The priests and the Levites were still confused, “If you are not the Savior or Elijah or the Prophet, then by what authority to you baptize?”

Did you notice that John doesn’t answer their question? Instead he said, “I baptize with water, but among you stands one you do not know, even he who comes after me, the strap of whose sandal I am not worthy to untie.”

John said, “You’re focusing on the wrong thing! Yes, I’m baptizing without the approval of the Sanhedrin. Yet I have told you that I am the forerunner of the Savior, and the Savior is here, among you, and you haven’t recognized Him. You’re obsessing over my popularity and my baptizing when there is One among you – the Savior – Who you are ignoring, Who is so much greater than I am that I am not worthy to untie His sandal.”

We can get like the priests and the Levites, can’t we – obsessing over real but minor things and missing the big picture – missing the important thing.

Some people come to worship to get a “pick me up.”

Some people come to worship to relax.

Some people come to worship to criticize the way things are done – or to challenge the pastor.

Some people come to worship for company.

Some people come to worship to let others know what good people they are.

Some people come to worship because they like the music and the singing, or the sacraments, or the tradition, or the cute woman that sits in the second row.

What are you looking for this afternoon? Why have you come to this worship service?

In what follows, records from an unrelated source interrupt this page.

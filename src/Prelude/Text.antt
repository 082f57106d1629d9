-- ===== src/Prelude/Text.antt =====
-- Go strings as native texts: `+`, `strings.HasPrefix` and the separator "/", by recursion.
use Prim.Native.Nat.{ℕ}
use Prim.Native.Char.{Char, code}
use Prim.Native.String.{String}
use mathlib.Core.Path.{◌≡◌, refl, ap, ap₂}
use mathlib.Core.Logic.{◌≢◌}
use mathlib.Core.Bool.{Bool, true, false, ◌&&◌, ◌||◌}
use native.Mathlib.Omega.{arith}
use text.Mathlib.Text.{◌==◌ as str_eq}
use text.Mathlib.TextEquality.{Char-path, eq_iff}
use text.Mathlib.TextLemmas.{head-eq_of_cons-eq, tail-eq_of_cons-eq}
use linea_server.Prelude.Tests.{leb, ◌==◌, if◌then◌else◌}

-- Go's `s + t`.
infixr 65 ◌⧺◌
abbrev pub ◌⧺◌ : String → String → String
String.[] ⧺ t = t
String.◌∷◌ c s ⧺ t = String.◌∷◌ c (s ⧺ t)

-- `strings.HasPrefix(t, s)`.
unfoldable pub has_prefix : String → String → Bool
has_prefix String.[] t = true
has_prefix (String.◌∷◌ c s) String.[] = false
has_prefix (String.◌∷◌ c s) (String.◌∷◌ d t) = code c == code d && has_prefix s t

unfoldable pub contains_slash : String → Bool
contains_slash String.[] = false
contains_slash (String.◌∷◌ c s) = code c == b'/' || contains_slash s

unfoldable pub first_code : String → ℕ
first_code String.[] = 0
first_code (String.◌∷◌ c s) = code c

pub ⧺_assoc : (s t u : String) → (s ⧺ t) ⧺ u ≡ s ⧺ t ⧺ u
⧺_assoc String.[] t u = refl
⧺_assoc (String.◌∷◌ c s) t u = ap (λ r. String.◌∷◌ c r) (⧺_assoc s t u)

pub has_prefix-⧺ : (s t : String) → has_prefix s (s ⧺ t) ≡ true
unfolding has_prefix
has_prefix-⧺ String.[] t = refl
has_prefix-⧺ (String.◌∷◌ c s) t = ground (arith, has_prefix-⧺ s t)

-- A text with the prefix `s` is `s` and a rest.
pub has_prefix-rest : (s t : String) → has_prefix s t ≡ true → (r : String) × (t ≡ s ⧺ r)
unfolding has_prefix
has_prefix-rest String.[] t h = (t, refl)
has_prefix-rest (String.◌∷◌ c s) String.[] h = absurd (ground arith)
has_prefix-rest (String.◌∷◌ c s) (String.◌∷◌ d t) h =
    let (r, e) = has_prefix-rest s t (ground arith) in
    (r, ap₂ (λ x y. String.◌∷◌ x y) (Char-path d c (ground arith)) e)

-- The text before the first "/" is determined by the whole.
pub split_at_slash :
    (a b s t : String)
    → contains_slash a ≡ false
    → contains_slash b ≡ false
    → a ⧺ "/" ⧺ s ≡ b ⧺ "/" ⧺ t
    → (a ≡ b) × (s ≡ t)
unfolding contains_slash first_code
split_at_slash String.[] String.[] s t ha hb e = (refl, tail-eq_of_cons-eq e)
split_at_slash String.[] (String.◌∷◌ d b) s t ha hb e = absurd (ground (arith, ap first_code e))
split_at_slash (String.◌∷◌ c a) String.[] s t ha hb e = absurd (ground (arith, ap first_code e))
split_at_slash (String.◌∷◌ c a) (String.◌∷◌ d b) s t ha hb e =
    let (p, q) = split_at_slash a b s t (ground arith) (ground arith) (tail-eq_of_cons-eq e) in
    (rw (p, head-eq_of_cons-eq e), q)

-- Unicode's White_Space, as `unicode.IsSpace` has it.
is_space : ℕ → Bool
is_space c =
    (leb 9 c && leb c 13)
    || c == 0x20
    || c == 0x85
    || c == 0xA0
    || c == 0x1680
    || (leb 0x2000 c && leb c 0x200A)
    || c == 0x2028
    || c == 0x2029
    || c == 0x202F
    || c == 0x205F
    || c == 0x3000

trim_left : String → String
trim_left String.[] = String.[]
trim_left (String.◌∷◌ c s) =
    let rest = trim_left s in if is_space (code c) then rest else String.◌∷◌ c s

-- `c` in front of a text whose spaces at the end are dropped already.
cons_trimmed : Char → String → String
cons_trimmed c String.[] = if is_space (code c) then String.[] else String.◌∷◌ c String.[]
cons_trimmed c (String.◌∷◌ d s) = String.◌∷◌ c (String.◌∷◌ d s)

trim_right : String → String
unfolding cons_trimmed
trim_right String.[] = String.[]
trim_right (String.◌∷◌ c s) = cons_trimmed c (trim_right s)

-- `strings.TrimSpace(s)`.
unfoldable pub trim_space : String → String
unfolding trim_left trim_right is_space
trim_space s = trim_right (trim_left s)

trim_space_test : trim_space "  a b\t" ≡ "a b"
unfolding trim_space
trim_space_test = refl

pub str_eq_of_ne : (s t : String) → s ≢ t → str_eq s t ≡ false
str_eq_of_ne s t h = ground (arith, eq_iff s t)

pub eq_of_str_eq : (s t : String) → str_eq s t ≡ true → s ≡ t
eq_of_str_eq s t h = (eq_iff s t).0 h

-- A text that ends in "/" and more holds a "/".
contains_slash-⧺ : (s t : String) → contains_slash (s ⧺ "/" ⧺ t) ≡ true
unfolding contains_slash
contains_slash-⧺ String.[] t = refl
contains_slash-⧺ (String.◌∷◌ c s) t = ground (arith, contains_slash-⧺ s t)

-- The text behind the last "/" is determined by the whole.
pub split_at_last_slash :
    (s t a b : String)
    → contains_slash a ≡ false
    → contains_slash b ≡ false
    → s ⧺ "/" ⧺ a ≡ t ⧺ "/" ⧺ b
    → (s ≡ t) × (a ≡ b)
split_at_last_slash String.[] String.[] a b ha hb e = (refl, tail-eq_of_cons-eq e)
split_at_last_slash String.[] (String.◌∷◌ d t) a b ha hb e =
    cc (ap contains_slash (tail-eq_of_cons-eq e), contains_slash-⧺ t b, ha)
split_at_last_slash (String.◌∷◌ c s) String.[] a b ha hb e =
    cc (ap contains_slash (tail-eq_of_cons-eq e), contains_slash-⧺ s a, hb)
split_at_last_slash (String.◌∷◌ c s) (String.◌∷◌ d t) a b ha hb e =
    let (p, q) = split_at_last_slash s t a b ha hb (tail-eq_of_cons-eq e) in
    (ap₂ (λ x y. String.◌∷◌ x y) (head-eq_of_cons-eq e) p, q)
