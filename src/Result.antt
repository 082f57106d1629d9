-- ===== src/Result.antt =====
-- The errors of the program, functions that may fail, and handlers that change a state and may
-- fail: what a handler wrote before an error stays written, so the state comes back beside it.
pub mod Exec
use linea_server.Prelude.{◌≡◌, refl, String, Bool, Option, none, some}

-- The codes of Linea-core's typed errors, by the names that the server uses.
pub data Code : Type 0 where
  no_known_connection person_not_found relationship_not_found source_not_found : Code
  proposal_not_found version_not_found invalid_argument forbidden_relationship : Code
  invalid_transition immutable_terminal_proposal cycle_detected fabrication_attempt : Code
  other_code : Code

-- `not_found` is `platform.ErrNotFound`, `not_allowed` is `authz.ErrNotAllowed`, `quota_exceeded`
-- is `quotas.ErrQuotaExceeded`, `shutdown` is `tenants.ErrShutdown`; `linea` is an error of
-- `lerrors.New`, `plain` one of `errors.New` or `fmt.Errorf`, `external` one of a library, and `panic` a
-- run-time panic.
pub data Error : Type 0 where
  not_found not_allowed quota_exceeded shutdown : Error
  linea : Code → String → Error
  plain : String → Error
  external : String → Error
  panic : String → Error

pub data Result (A : Type 0) : Type 0 where
  ok : A → Result A
  err : Error → Result A

abbrev pub bind_result : {A B : Type 0} → Result A → (A → Result B) → Result B
bind_result (ok a) f = f a
bind_result (err e) f = err e

pub Result-cases :
    {A : Type 0} (r : Result A)
    → linea_server.Prelude.◌⊎◌ ((a : A) × (r ≡ ok a)) ((e : Error) × (r ≡ err e))
Result-cases (ok a) = linea_server.Prelude.inl (a, refl)
Result-cases (err e) = linea_server.Prelude.inr (e, refl)

pub ok-inj : {A : Type 0} {a b : A} → Result.ok a ≡ ok b → a ≡ b
ok-inj h = cc
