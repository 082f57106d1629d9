-- ===== src/Auth.antt =====
-- internal/auth/auth.go: who a bearer token stands for. The verification of a token's signature is
-- go-oidc's, and lower case is Unicode's: both are arguments. An error that wraps another one keeps
-- its own text only.
pub mod Identities
pub mod Discovery
pub mod Trusted
use linea_server.Prelude.{
  ℕ, String, str_eq, ◌⧺◌, Bool, true, false, ◌||◌, Option, none, some, List, [], ◌∷◌, length, ltb,
  ◌==◌, trim_space, if◌then◌else◌,
}
use Prim.Native.Char.{code}
use linea_server.Result.{Result, ok, err, Error, plain, bind_result}

abbrev pub Role : Type 0
Role = ℕ

abbrev pub role_none : Role
role_none = 0

abbrev pub role_viewer : Role
role_viewer = 1

abbrev pub role_contributor : Role
role_contributor = 2

abbrev pub role_curator : Role
role_curator = 3

-- A decoded JSON value, as far as flattenRoleValues tells them apart.
pub data Item : Type 0 where
  text : String → Item
  other : Item

pub data Claim : Type 0 where
  text : String → Claim
  items : List Item → Claim
  texts : List String → Claim
  other : Claim

abbrev pub Claims : Type 0
Claims = List (String × Claim)

pub record Identity : Type 0 where
  pub subject : String
  pub issuer : String
  pub role : Role
  pub raw : Claims

-- The identity of a context that holds none.
abbrev pub no_identity : Identity
no_identity = record { subject = ""; issuer = ""; role = role_none; raw = [] }

-- What go-oidc gives for a token that it accepts.
pub record Token : Type 0 where
  pub issuer : String
  pub claims : Result Claims

pub record IssuerVerifier : Type 0 where
  pub issuer_url : String
  pub verify : String → Result Token

pub record Verifier : Type 0 where
  pub verifiers : List IssuerVerifier
  pub role_claim : String
  pub role_map : List (String × Role)
  pub to_lower : String → String

unfoldable pub default_role_map : List (String × Role)
default_role_map =
    ("linea-viewer", role_viewer)
    ∷ ("linea-contributor", role_contributor)
    ∷ ("linea-curator", role_curator)
    ∷ []

unfoldable pub find_role : String → List (String × Role) → Option Role
find_role k [] = none
find_role k ((j, r) ∷ l) = if str_eq j k then some r else find_role k l

find_claim : String → Claims → Option Claim
find_claim k [] = none
find_claim k ((j, c) ∷ l) = if str_eq j k then some c else find_claim k l

-- strings.FieldsFunc at commas and spaces: a field that is empty is none.
add_field : String → List String → List String
add_field w ws = if str_eq w "" then ws else w ∷ ws

-- The field that a text begins with, which may be empty, and the fields behind it.
cut_fields : String → String × List String
unfolding add_field
cut_fields String.[] = ("", [])
cut_fields (String.◌∷◌ c s) =
    let (w, ws) = cut_fields s in
    if code c == b',' || code c == b' ' then ("", add_field w ws) else (String.◌∷◌ c w, ws)

unfoldable pub fields : String → List String
unfolding cut_fields add_field
fields s = let (w, ws) = cut_fields s in add_field w ws

item_texts : List Item → List String
item_texts [] = []
item_texts (Item.text s ∷ l) = s ∷ item_texts l
item_texts (Item.other ∷ l) = item_texts l

unfoldable pub flatten_role_values : Claim → List String
unfolding item_texts
flatten_role_values (Claim.text s) = fields s
flatten_role_values (items l) = item_texts l
flatten_role_values (texts l) = l
flatten_role_values Claim.other = []

-- `if r, ok := …; ok && r > best { best = r }`
unfoldable pub better : Option Role → Role → Role
better none best = best
better (some r) best = if ltb best r then r else best

-- The loop of resolveRole, and the viewer's role for who has none.
unfoldable pub best_role : Verifier → List String → Role → Role
unfolding better
best_role v [] best = best
best_role v (val ∷ vals) best =
    best_role v vals (better (find_role (v.to_lower (trim_space val)) v.role_map) best)

unfoldable pub or_viewer : Role → Role
or_viewer best = if best == role_none then role_viewer else best

-- The values of the role claim; a missing claim has none.
unfoldable pub role_values : Verifier → Claims → List String
unfolding find_claim
role_values v claims = elim (find_claim v.role_claim claims) [
  | none ↦ []
  | some raw ↦ flatten_role_values raw
]

unfoldable pub resolve_role : Verifier → Claims → Role
unfolding best_role or_viewer
resolve_role v claims = or_viewer (best_role v (role_values v claims) role_none)

-- `subject, _ := claims["sub"].(string)`
unfoldable pub subject_text : Option Claim → String
subject_text (some (Claim.text s)) = s
subject_text _ = ""

unfoldable pub claimed_subject : Claims → String
unfolding find_claim subject_text
claimed_subject claims = subject_text (find_claim "sub" claims)

unfoldable pub identity_of : Verifier → String → Claims → Result Identity
unfolding resolve_role
identity_of v issuer claims =
    if str_eq (claimed_subject claims) ""
    then err (plain "auth: token missing 'sub'")
    else ok (record {
      subject = issuer ⧺ "|" ⧺ claimed_subject claims;
      issuer = issuer;
      role = resolve_role v claims;
      raw = claims;
    })

-- What VerifyToken does with a token that an issuer's verifier accepts.
unfoldable pub accepted : Verifier → String → Result Claims → Result Identity
unfolding identity_of
accepted v issuer (ok claims) = identity_of v issuer claims
accepted v issuer (err e) = err (plain "auth: decode claims")

unfoldable pub refused : Option Error → Result Identity
refused (some e) = err (plain "auth: verify")
refused none = err (plain "auth: no issuers configured")

-- The loop of VerifyToken, with `lastErr`.
unfoldable pub verify_with :
    Verifier → Option Error → List IssuerVerifier → String → Result Identity
verify_with v last [] raw = refused last
verify_with v last (iv ∷ ivs) raw = elim (iv.verify raw) [
  | ok tok ↦ accepted v tok.issuer tok.claims
  | err e ↦ verify_with v (some e) ivs raw
]

unfoldable pub verify_token : Verifier → String → Result Identity
unfolding verify_with
verify_token v raw = verify_with v none v.verifiers raw
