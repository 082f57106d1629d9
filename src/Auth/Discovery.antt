-- ===== src/Auth/Discovery.antt =====
-- NewVerifier of internal/auth/auth.go. The discovery of an issuer, and its verifier for an
-- audience, are go-oidc's: `discover` is an argument.
use linea_server.Prelude.{
  String, str_eq, ◌⧺◌, not, Option, none, some, List, [], ◌∷◌, length, ◌==◌, if◌then◌else◌,
}
use linea_server.Result.{Result, ok, err, plain, panic, bind_result}
use linea_server.Auth.{Role, IssuerVerifier, Verifier, Token, default_role_map}

pub record Config : Type 0 where
  pub issuer_urls : List String
  pub audiences : List String
  pub role_claim : String
  pub role_map : Option (List (String × Role))
  pub issuer_url : String
  pub audience : String

-- oidc.NewProvider, and the Verify of the provider's verifier for an audience.
abbrev pub Discover : Type 0
Discover = String → Result (String → String → Result Token)

-- A single value stands in for an empty list.
unfoldable pub or_single : String → List String → List String
or_single single [] = if str_eq single "" then [] else single ∷ []
or_single single (x ∷ xs) = x ∷ xs

unfoldable pub default_claim : String → String
default_claim claim = if str_eq claim "" then "groups" else claim

unfoldable pub default_map : Option (List (String × Role)) → List (String × Role)
default_map none = default_role_map
default_map (some m) = m

-- The loop over the issuers; `auds[i]` panics out of range.
unfoldable pub discover_all : Discover → List String → List String → Result (List IssuerVerifier)
discover_all discover [] auds = ok []
discover_all discover (iss ∷ issuers) auds = elim (discover iss) [
  | err e ↦ err (plain ("auth: discover issuer " ⧺ iss))
  | ok verifier ↦ elim auds [
    | [] ↦ err (panic "index out of range")
    | aud ∷ rest ↦
        bind_result (discover_all discover issuers rest)
          (λ vs. ok (record { issuer_url = iss; verify = verifier aud } ∷ vs))
  ]
]

unfoldable pub new_verifier : Discover → (String → String) → Config → Result Verifier
unfolding or_single discover_all default_claim default_map
new_verifier discover to_lower cfg =
    let issuers = or_single cfg.issuer_url cfg.issuer_urls in
    let auds = or_single cfg.audience cfg.audiences in
    if length issuers == 0
    then err (plain "auth: at least one issuer is required")
    else if not (length auds == length issuers)
    then err (plain "auth: issuers and audiences must be paired")
    else bind_result (discover_all discover issuers auds) (λ vs. ok (record {
      verifiers = vs;
      role_claim = default_claim cfg.role_claim;
      role_map = default_map cfg.role_map;
      to_lower = to_lower;
    }))
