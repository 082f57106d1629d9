-- ===== src/Auth/Identities.antt =====
-- What the identity of a verified token is.
use linea_server.Prelude.{
  ◌≤◌, ◌≡◌, ◌≢◌, refl, ap, sym, ◌∙◌, ◌⊎◌, inl, inr, String, str_eq, eq_iff, Option, none, some,
  List, [], ◌∷◌, Elem, ltb, ◌==◌, ◌⧺◌, trim_space, arith, Bool-cases,
}
use linea_server.Result.{ok-inj, ok, Error, Result-cases}
use linea_server.Auth.{
  Role, role_viewer, role_none, Claims, Token, Identity, IssuerVerifier, Verifier, find_role,
  better, best_role, or_viewer, role_values, resolve_role, claimed_subject, identity_of, accepted,
  refused, verify_with, verify_token,
}

-- The role that a value of the claim stands for.
abbrev pub mapped : Verifier → String → Option Role
mapped v val = find_role (v.to_lower (trim_space val)) v.role_map

-- The largest of `best` and what the values stand for.
record IsBest (v : Verifier) (vals : List String) (best r : Role) : Type 0 where
  above : best ≤ r
  bound : (val : String) (q : Role) → Elem val vals → mapped v val ≡ some q → q ≤ r
  reached : (r ≡ best) ⊎ ((val : String) × Elem val vals × (mapped v val ≡ some r))

better_lem :
    (o : Option Role) (best : Role)
    → (best ≤ better o best)
      × ((q : Role) → o ≡ some q → q ≤ better o best)
      × ((better o best ≡ best) ⊎ (o ≡ some (better o best)))
unfolding better
better_lem none best = (omega arith, λ q e. cc (e), inl refl)
better_lem (some r) best = elim (Bool-cases (ltb best r)) [
  | inl less ↦ rw less (ground arith, λ q e. ground arith, inr refl)
  | inr more ↦ rw more (ground arith, λ q e. ground arith, inl refl)
]

best_role-IsBest :
    (v : Verifier) (vals : List String) (best : Role) → IsBest v vals best (best_role v vals best)
unfolding best_role
best_role-IsBest v [] best = record {
  above = omega arith;
  bound = λ val q m. absurd m;
  reached = inl refl;
}
best_role-IsBest v (x ∷ vals) best =
    let (above, bound, reached) = better_lem (mapped v x) best in
    let ih = best_role-IsBest v vals (better (mapped v x) best) in
    record {
      above = omega (arith, ih.above);
      bound = λ val q m e. elim m [
        | inl same ↦ omega (arith, ih.above, bound q (ap (mapped v) (sym same) ∙ e))
        | inr later ↦ ih.bound val q later e
      ];
      reached = elim ih.reached [
        | inr (val, m, e) ↦ inr (val, inr m, e)
        | inl same ↦ elim reached [
          | inl kept ↦ inl (same ∙ kept)
          | inr new ↦ inr (x, inl refl, new ∙ ap some (sym same))
        ]
      ];
    }

-- For a value of the role claim that stands for a role, the resolved role is at least that role
-- and at least Viewer, and it is Viewer or what some value of the claim stands for.
pub resolve_role_lem :
    (v : Verifier) (claims : Claims) (val : String) (q : Role)
    → Elem val (role_values v claims)
    → mapped v val ≡ some q
    → (q ≤ resolve_role v claims)
      × (role_viewer ≤ resolve_role v claims)
      × ((resolve_role v claims ≡ role_viewer)
          ⊎ ((best : String) × Elem best (role_values v claims)
              × (mapped v best ≡ some (resolve_role v claims))))
unfolding resolve_role or_viewer
resolve_role_lem v claims val q m e =
    let vals = role_values v claims in
    let best = best_role-IsBest v vals role_none in
    elim (Bool-cases (best_role v vals role_none == role_none)) [
      | inl nothing ↦ rw nothing (grind (arith, best.bound val q m e), omega arith, inl refl)
      | inr some_role ↦ rw some_role (
        best.bound val q m e,
        ground arith,
        elim best.reached [ inl zero ↦ absurd (ground arith) | inr found ↦ inr found ],
      )
    ]

-- A token that one of the verifiers accepts, and the identity that its claims give.
pub record Verified (v : Verifier) (ivs : List IssuerVerifier) (raw : String) (id : Identity)
    : Type 0 where
  pub iv : IssuerVerifier
  pub tok : Token
  pub claims : Claims
  pub trusted : Elem iv ivs
  pub verified : iv.verify raw ≡ ok tok
  pub decoded : tok.claims ≡ ok claims
  pub named : claimed_subject claims ≢ ""
  pub subject : id.subject ≡ tok.issuer ⧺ "|" ⧺ claimed_subject claims
  pub issuer : id.issuer ≡ tok.issuer
  pub role : id.role ≡ resolve_role v claims

identity_of_lem :
    (v : Verifier) (issuer : String) (claims : Claims) (id : Identity)
    → identity_of v issuer claims ≡ ok id
    → (claimed_subject claims ≢ "")
      × (id.subject ≡ issuer ⧺ "|" ⧺ claimed_subject claims)
      × (id.issuer ≡ issuer)
      × (id.role ≡ resolve_role v claims)
unfolding identity_of
identity_of_lem v issuer claims id h = elim (Bool-cases (str_eq (claimed_subject claims) "")) [
  | inl unnamed ↦ absurd (cc (rw unnamed at h))
  | inr named ↦
      let e = ok-inj (rw named at h) in
      (
        λ same. ground (arith, eq_iff (claimed_subject claims) ""),
        ap (λ (i : Identity). i.subject) (sym e),
        ap (λ (i : Identity). i.issuer) (sym e),
        ap (λ (i : Identity). i.role) (sym e),
      )
]

accepted-Verified :
    (v : Verifier) (iv : IssuerVerifier) (ivs : List IssuerVerifier) (raw : String) (tok : Token)
    (id : Identity)
    → iv.verify raw ≡ ok tok
    → accepted v tok.issuer tok.claims ≡ ok id
    → Verified v (iv ∷ ivs) raw id
unfolding accepted
accepted-Verified v iv ivs raw tok id p h = elim (Result-cases tok.claims) [
  | inr (e, d) ↦ absurd (cc (rw d at h))
  | inl (claims, d) ↦
      let (named, subject, issuer, role) = identity_of_lem v tok.issuer claims id (rw d at h) in
      record {
        iv = iv;
        tok = tok;
        claims = claims;
        trusted = inl refl;
        verified = p;
        decoded = d;
        named = named;
        subject = subject;
        issuer = issuer;
        role = role;
      }
]

verify_with-Verified :
    (v : Verifier) (last : Option Error) (ivs : List IssuerVerifier) (raw : String) (id : Identity)
    → verify_with v last ivs raw ≡ ok id
    → Verified v ivs raw id
unfolding verify_with refused
verify_with-Verified v none [] raw id h = absurd (cc (h))
verify_with-Verified v (some e) [] raw id h = absurd (cc (h))
verify_with-Verified v last (iv ∷ ivs) raw id h = elim (Result-cases (iv.verify raw)) [
  | inl (tok, p) ↦ accepted-Verified v iv ivs raw tok id p (rw p at h)
  | inr (e, p) ↦
      let ih = verify_with-Verified v (some e) ivs raw id (rw p at h) in
      record {
        iv = ih.iv;
        tok = ih.tok;
        claims = ih.claims;
        trusted = inr ih.trusted;
        verified = ih.verified;
        decoded = ih.decoded;
        named = ih.named;
        subject = ih.subject;
        issuer = ih.issuer;
        role = ih.role;
      }
]

-- An identity that VerifyToken gives is that of a token which a configured issuer's verifier
-- accepts: its subject is the claimed one, which is not empty, behind the token's issuer, and its
-- role that of its claims.
pub verify_token-Verified :
    (v : Verifier) (raw : String) (id : Identity)
    → verify_token v raw ≡ ok id
    → Verified v v.verifiers raw id
unfolding verify_token
verify_token-Verified v raw id h = verify_with-Verified v none v.verifiers raw id h
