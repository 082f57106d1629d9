-- ===== src/Auth/Trusted.antt =====
-- Whom the verifier of NewVerifier trusts.
use linea_server.Prelude.{
  ◌≡◌, ◌≤◌, refl, subst, inl, inr, String, str_eq, false, none, List, [], ◌∷◌, length, ◌==◌, arith,
  Bool-cases,
}
use linea_server.Result.{Result, ok, ok-inj, Result-cases}
use linea_server.Auth.{IssuerVerifier, Verifier, Token, default_role_map}
use linea_server.Auth.Discovery.{
  Discover, discover_all, new_verifier, or_single, default_claim, default_map,
}

-- The verifiers of the issuers, each with the audience in the same place: what the discovery of the
-- issuer gives, for that audience.
pub data Trusts (discover : Discover)
    : List String → List String → List IssuerVerifier → Type 0 where
  nobody : Trusts discover [] [] []
  also :
      (iss aud : String) (isss auds : List String) (verifier : String → String → Result Token)
      (vs : List IssuerVerifier)
      → discover iss ≡ ok verifier
      → Trusts discover isss auds vs
      → Trusts discover
          (iss ∷ isss)
          (aud ∷ auds)
          (record { issuer_url = iss; verify = verifier aud } ∷ vs)

discover_all-Trusts :
    (discover : Discover) (isss auds : List String) {vs : List IssuerVerifier}
    → length auds ≡ length isss
    → discover_all discover isss auds ≡ ok vs
    → Trusts discover isss auds vs
unfolding discover_all
discover_all-Trusts discover [] [] same h = subst (Trusts discover [] []) (ok-inj h) nobody
discover_all-Trusts discover [] (aud ∷ auds) same h = absurd (omega (arith, same))
discover_all-Trusts discover (iss ∷ isss) [] same h = absurd (omega (arith, same))
discover_all-Trusts discover (iss ∷ isss) (aud ∷ auds) same h = elim (Result-cases (discover iss)) [
  | inr (e, p) ↦ absurd (cc (rw (discover_all, p) at h))
  | inl (verifier, p) ↦ elim (Result-cases (discover_all discover isss auds)) [
    | inr (e, q) ↦ absurd (cc (rw (discover_all, p, q) at h))
    | inl (rest, q) ↦
        subst (Trusts discover (iss ∷ isss) (aud ∷ auds)) (ok-inj (rw (discover_all, p, q) at h)) (
          also iss aud isss auds verifier rest p
            (discover_all-Trusts discover isss auds (omega (arith, same)) q))
  ]
]

-- The verifier trusts the issuers, one at least, and reads the roles of the claim by the table of
-- the defaults.
pub record Verifies (discover : Discover) (isss auds : List String) (claim : String) (v : Verifier)
    : Type 0 where
  pub trusted : Trusts discover isss auds v.verifiers
  pub some_issuer : 1 ≤ length isss
  pub role_claim : v.role_claim ≡ claim
  pub role_map : v.role_map ≡ default_role_map

pub new_verifier-Verifies :
    (discover : Discover) (to_lower : String → String) (isss auds : List String) (claim : String)
    (v : Verifier)
    → str_eq claim "" ≡ false
    → new_verifier discover to_lower (record {
      issuer_urls = isss;
      audiences = auds;
      role_claim = claim;
      role_map = none;
      issuer_url = "";
      audience = "";
    })
      ≡ ok v
    → Verifies discover isss auds claim v
unfolding new_verifier or_single default_claim default_map
new_verifier-Verifies discover to_lower [] auds claim v named h = absurd (cc (h))
new_verifier-Verifies discover to_lower (iss ∷ isss) [] claim v named h =
    let apart : (length {A = String} [] == length (iss ∷ isss)) ≡ false = ground arith in
    let some_issuer : (length (iss ∷ isss) == 0) ≡ false = ground arith in
    absurd (cc (rw (some_issuer, apart) at h))
new_verifier-Verifies discover to_lower (iss ∷ isss) (aud ∷ auds) claim v named h =
    let some_issuer : (length (iss ∷ isss) == 0) ≡ false = ground arith in
    elim (Bool-cases (length (aud ∷ auds) == length (iss ∷ isss))) [
      | inr apart ↦ absurd (cc (rw (some_issuer, apart) at h))
      | inl paired ↦ elim (Result-cases (discover_all discover (iss ∷ isss) (aud ∷ auds))) [
        | inr (e, p) ↦ absurd (cc (rw (some_issuer, paired, p) at h))
        | inl (vs, p) ↦
            let same = ok-inj (rw (some_issuer, paired, p, named) at h) in
            subst (Verifies discover (iss ∷ isss) (aud ∷ auds) claim) same (record {
              trusted = discover_all-Trusts discover (iss ∷ isss) (aud ∷ auds) (ground arith) p;
              some_issuer = omega arith;
              role_claim = refl;
              role_map = refl;
            })
      ]
    ]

The priests and the Levites came to John to challenge his baptizing. They should have come to hear about the Savior – to be led to Him – to know Him and to receive salvation from Him – to worship Him and give Him thanks.

And that is what we should be looking for when we come into the sanctuary – into the worship service. We come – first and foremost – to know and worship our God and Savior – to give Him thanks and to commune with Him through the reading and preaching of the Word of God and through the sacraments.

What we should be looking for in the worship service is Jesus. We should be looking for Him because He Alone is God Incarnate, Who lived and died and rose and ascended back to His Throne at the Right Hand of the Father. It is He Alone Who grants salvation to all those who will believe in Him Alone. It is Jesus Who gives us His Grace in worship that we might grow and be able to do all those things He has called us to do.

The priests and the Levites missed Jesus by focusing on John and what He was doing to prepare the way. Don’t be distracted. Come looking for Jesus, the Savior; He has promised that all who seek Him will find Him.

Let us pray:
Almighty God, we thank You for sending John and all of the other prophets before him that we might recognize Jesus. Keep us from pride and distraction, and keep us focused on Jesus, the Author and Finisher of our faith. For it is in Jesus’ Name we pray, Amen.